▶ _Extracted data entries_

-- ===== src/Dfa/Build/Rounds.antt =====
-- The loops over the set of one DFA state: they give it its transitions.
use mathlib.Core.List.Memᴰ
use mathlib.Core.Bool.{true≢false}
use mathlib.Core.List.{Memᴰ}
use mathlib.Core.Path.{subst}
use tesla.Base.{
  Bool, List, Yields, Yields-assert, Yields-bind, Yields-if, Yields-ok, [], ap, contains, false,
  inl, inr, length, ok, refl, sym, true, ℕ, ◌++◌, ◌<◌, ◌↔◌, ◌∙◌, ◌∷◌, ◌≡◌,
}
use tesla.Automata.{GraphTransition, Label, equivalent, is_null, is_realisable}
use tesla.Automata.Equivalent.{equivalent_null, equivalent_self, equivalent_symm}
use tesla.Automata.Graph.{Graph, copy, out_of}
use tesla.Automata.Graph.Added.{Added, copy-Added}
use tesla.Dfa.{StateSet}
use tesla.Dfa.Build.{
  Builder, Gather, Round, all_out, destinations, new_transition, state_for_nfa_states, take_members,
  take_transition, take_transitions,
}
use tesla.Dfa.Build.Book.{Book, Done, Exact, Exact-Onward, SetFits, SetOf}
use tesla.Dfa.Build.Emits.{
  Emitting, Emitting-pass, Split-next, Added-Book, Added-Leaves, Added-keeps, outs,
}
use tesla.Dfa.Build.Gathers.{Collected, destinations-Collected}
use tesla.Dfa.Build.Via.{Via}
use tesla.Dfa.Build.Picks.{Picked, state_for_nfa_states-Picked}
use tesla.Dfa.Reach.{Layered}

-- The same transitions of a label, in two lists.
Via-same :
    (nfa : Graph) (ts us : List GraphTransition) (l m : Label)
    → l ≡ m
    → ((t : GraphTransition) → Memᴰ t ts → equivalent t.label l ≡ true → Memᴰ t us)
    → ((t : GraphTransition) → Memᴰ t us → equivalent t.label l ≡ true → Memᴰ t ts)
    → (j : ℕ) → Via nfa ts l j ↔ Via nfa us m j
Via-same nfa ts us l m e into from j = (
  λ (t, k, same, path). (t, into t k same, subst (λ x. equivalent t.label x ≡ true) e same, path),
  λ (t, k, same, path).
      let same' = subst (λ x. equivalent t.label x ≡ true) (sym e) same in
      (t, from t k same', same', path),
)

module _ (depth : ℕ) (nfa : Graph) (rank : ℕ → ℕ) (layers : Layered nfa rank)
    (deep : (s : ℕ) → s < length nfa.states → rank s < depth) (first : StateSet) (done : List ℕ)
    (ds : ℕ) (members : StateSet) (fresh : contains done ds ≡ false)
    (inside : (t : GraphTransition)
      → Memᴰ t (outs depth nfa first done ds members)
      → t.to < length nfa.states)
    (unique : (t u : GraphTransition)
      → Memᴰ t (outs depth nfa first done ds members)
      → Memᴰ u (outs depth nfa first done ds members)
      → t.address ≡ u.address
      → t ≡ u) where
  abbrev Emits : List GraphTransition → List GraphTransition → Round → Type 0
  Emits passed rest r = Emitting depth nfa first done ds members passed rest r

  abbrev all : List GraphTransition
  all = outs depth nfa first done ds members

  -- A transition that is not finished has none before it that is equivalent.
  unmarked-first :
      (t : GraphTransition) (passed rest : List GraphTransition) (r : Round)
      → Emits passed (t ∷ rest) r
      → is_null t.label ≡ false
      → contains r.finished_transitions t.address ≡ false
      → (u : GraphTransition) → Memᴰ u all
      → equivalent u.label t.label ≡ true
      → Memᴰ u (t ∷ rest)
  unmarked-first t passed rest r i solid unmarked u m same = elim (i.split.covers u m) [
    | inl before ↦ absurd (
        true≢false (
          sym (
            i.marked u t before (Memᴰ.head refl) (equivalent_null u.label t.label same ∙ solid)
              (equivalent_symm u.label t.label same))
          ∙ unmarked))
    | inr now ↦ now
  ]

  -- The set of the new transition is that of all its equivalents.
  entry-Exact :
      (t : GraphTransition) (passed rest : List GraphTransition) (r : Round) (a : Gather) (dest : ℕ)
      (b : Builder) (g : Graph) (k : Added ds dest t.label b.graph g)
      → Emits passed (t ∷ rest) r
      → is_null t.label ≡ false
      → contains r.finished_transitions t.address ≡ false
      → Collected depth nfa rank layers deep t rest r a
      → SetOf b dest a.frontier.members
      → Exact nfa (record b { graph = g }) all k.entry
  entry-Exact t passed rest r a dest b g k i solid unmarked c at = record {
    solid = ap is_null k.labelled ∙ solid;
    target = a.frontier.members;
    at = subst (λ n. SetOf b n a.frontier.members) (sym k.enters) at;
    same = λ j.
        let via =
          Via-same nfa (t ∷ rest) all t.label k.entry.label (sym k.labelled)
            (λ u m _. i.split.rest_in u m) (unmarked-first t passed rest r i solid unmarked) j in
        (λ h. via.0 ((c.exact j).0 h), λ v. (c.exact j).1 (via.1 v));
  }

  Emitting-new :
      (t : GraphTransition) (passed rest : List GraphTransition) (r : Round) (a : Gather)
      (picked : ℕ × Builder) (g : Graph) (start final : Bool)
      → Emits passed (t ∷ rest) r
      → is_null t.label ≡ false
      → contains r.finished_transitions t.address ≡ false
      → Collected depth nfa rank layers deep t rest r a
      → Picked depth nfa first done (λ ns. ⊥) a.frontier.members r.builder picked
      → Added ds picked.0 t.label picked.1.graph g
      → Emits (t ∷ passed) rest (record {
        builder = record picked.1 { graph = g };
        finished_transitions = a.gathered;
        start = start;
        final = final;
      })
  Emitting-new t passed rest r a (dest, b) g start final i solid unmarked c p k =
      let here : contains b.finished ds ≡ true =
        ap (λ ns. contains ns ds) p.same_finished ∙ i.here in
      record {
        book = Added-Book depth nfa first done (λ ns. ⊥) b g ds dest t.label k fresh here p.book;
        here = here;
        list = p.same_finished ∙ i.list;
        at = (p.on ds).sets ds members i.at;
        split = Split-next all passed rest t i.split;
        caused = λ u m h. elim (c.only u.address h) [
          | inl old ↦
              let (v, before, same) = i.caused u (Memᴰ.tail m) old in (v, Memᴰ.tail before, same)
          | inr (v, now, same, address) ↦
              let is : v ≡ u =
                unique v u (i.split.rest_in v now) (i.split.rest_in u (Memᴰ.tail m)) address in
              (
                t,
                Memᴰ.head refl,
                subst (λ (x : GraphTransition). equivalent x.label t.label ≡ true) is same,
              )
        ];
        marked = λ v u m later hard same. elim (Memᴰ.cases_cons m) [
          | inl is ↦ c.new u.address (
            u,
            Memᴰ.tail later,
            subst (λ (x : GraphTransition). equivalent u.label x.label ≡ true) is same,
            refl,
          )
          | inr before ↦ c.kept u.address (i.marked v u before (Memᴰ.tail later) hard same)
        ];
        served = λ v m hard. elim (Memᴰ.cases_cons m) [
          | inl is ↦ (
            k.entry,
            record {
              member =
                  subst (Memᴰ k.entry) (sym k.transitions)
                    (Memᴰ.append_right b.graph.transitions (Memᴰ.head refl));
              source = k.leaves;
            },
            subst (λ l. equivalent v.label l ≡ true) (sym k.labelled)
                (subst (λ (x : GraphTransition). equivalent v.label x.label ≡ true) is
                  (equivalent_self v.label)),
          )
          | inr before ↦
              let (e, leaves, same) = i.served v before hard in
              (e, Added-keeps b.graph g ds dest t.label k e ((p.on ds).still e leaves), same)
        ];
        exact = λ e m. elim (Added-Leaves b.graph g ds dest t.label k e m) [
          | inl old ↦
              Exact-Onward nfa r.builder (record b { graph = g }) all e (p.on ds).sets
                (i.exact e ((p.on ds).back e old))
          | inr is ↦
              subst (Exact nfa (record b { graph = g }) all) (sym is)
                (entry-Exact t passed rest r a dest b g k i solid unmarked c p.at)
        ];
      }

  Collected-SetFits :
      (t : GraphTransition) (rest : List GraphTransition) (r : Round) (a : Gather)
      → Collected depth nfa rank layers deep t rest r a
      → SetFits nfa a.frontier.members a.frontier.final
  Collected-SetFits t rest r a c = record { wide = c.wide; accepting = c.accepting }

  take_transition-Emits :
      (t : GraphTransition) (passed rest : List GraphTransition) (r : Round)
      → Emits passed (t ∷ rest) r
      → Yields (take_transition depth nfa ds t rest r) (Emits (t ∷ passed) rest)
  unfolding take_transition new_transition
  take_transition-Emits t passed rest r i =
      let Q = Emits (t ∷ passed) rest in
      Yields-if Q (is_null t.label) (ok r) _
        (λ null. Yields-ok Q r (
          Emitting-pass depth nfa first done ds members t passed rest r i
            (λ solid. absurd (true≢false (sym null ∙ solid)))))
        λ solid. Yields-assert Q (is_realisable t.label) _ λ _.
          Yields-if Q (contains r.finished_transitions t.address) (ok r) _
            (λ marked. Yields-ok Q r (
              Emitting-pass depth nfa first done ds members t passed rest r i
                (λ _. i.caused t (Memᴰ.head refl) marked)))
            λ unmarked.
              Yields-bind (Collected depth nfa rank layers deep t rest r) Q
                (destinations depth nfa t rest r) _
                (destinations-Collected depth nfa rank layers deep t rest r
                  (λ u m. inside u (i.split.rest_in u m)))
                λ a c.
                  let p =
                    state_for_nfa_states-Picked depth nfa first done (λ ns. ⊥) a.frontier.members
                      a.frontier.start a.frontier.final r.builder (Collected-SetFits t rest r a c)
                      i.book in
                  let picked =
                    state_for_nfa_states a.frontier.members a.frontier.start a.frontier.final
                      r.builder in
                  Yields-bind (Added ds picked.0 t.label picked.1.graph) Q
                    (copy ds picked.0 t false picked.1.graph) _
                    (copy-Added ds picked.0 t false picked.1.graph solid)
                    λ g k. Yields-ok Q _ (
                      Emitting-new t passed rest r a picked g a.frontier.start a.frontier.final i
                        solid unmarked c p k)

  -- What has been passed changes along the way.
  abbrev EmitsSome : List GraphTransition → Round → Type 0
  EmitsSome rest r = (passed : List GraphTransition) × Emits passed rest r

  take_transitions-Emits :
      (ts later : List GraphTransition) (r : Round)
      → EmitsSome (ts ++ later) r
      → Yields (take_transitions depth nfa ds ts later r) (EmitsSome later)
  unfolding take_transitions
  take_transitions-Emits [] later r i = Yields-ok (EmitsSome later) r i
  take_transitions-Emits (t ∷ ts) later r (passed, i) =
      Yields-bind (Emits (t ∷ passed) (ts ++ later)) (EmitsSome later)
        (take_transition depth nfa ds t (ts ++ later) r) _
        (take_transition-Emits t passed (ts ++ later) r i)
        (λ r' i'. take_transitions-Emits ts later r' (t ∷ passed, i'))

  -- The flags play no part.
  flags-Emits :
      (rest : List GraphTransition) (r : Round) (start final : Bool)
      → EmitsSome rest r
      → EmitsSome rest (record r { start = start; final = final })
  flags-Emits rest r start final (passed, i) = (
    passed,
    record {
      book = i.book;
      here = i.here;
      list = i.list;
      at = i.at;
      split = i.split;
      caused = i.caused;
      marked = i.marked;
      served = i.served;
      exact = i.exact;
    },
  )

  pub take_members-Emits :
      (ss : List ℕ) (r : Round)
      → EmitsSome (all_out depth nfa ss) r
      → Yields (take_members depth nfa ds ss r) (EmitsSome [])
  unfolding take_members all_out
  take_members-Emits [] r i = Yields-ok (EmitsSome []) r i
  take_members-Emits (s ∷ ss) r i =
      Yields-bind (EmitsSome (all_out depth nfa ss)) (EmitsSome [])
        (take_transitions depth nfa ds (out_of s nfa.transitions) (all_out depth nfa ss) _) _
        (take_transitions-Emits (out_of s nfa.transitions) (all_out depth nfa ss) _
          (flags-Emits (all_out depth nfa (s ∷ ss)) r false false i))
        (take_members-Emits ss)

  -- The state is done when its set has been passed.
  pub emitted-Done :
      (r : Round)
      → EmitsSome [] r
      → Done depth nfa r.builder ds
        × Book depth nfa first done (λ ns. ⊥) r.builder
        × (r.builder.finished ≡ ds ∷ done)
  emitted-Done r (passed, i) = (
    record {
      members = members;
      at = i.at;
      onto = λ t m solid. elim (i.split.covers t m) [
        | inl before ↦ i.served t before solid
        | inr none_left ↦ absurd (Memᴰ.not-nil none_left)
      ];
      exact = i.exact;
    },
    i.book,
    i.list,
  )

▶ _Work task_
Lines holding the word "fresh" are the answer; copy each one from the records above.

▶ _Finished task_
    (ds : ℕ) (members : StateSet) (fresh : contains done ds ≡ false)
        book = Added-Book depth nfa first done (λ ns. ⊥) b g ds dest t.label k fresh here p.book;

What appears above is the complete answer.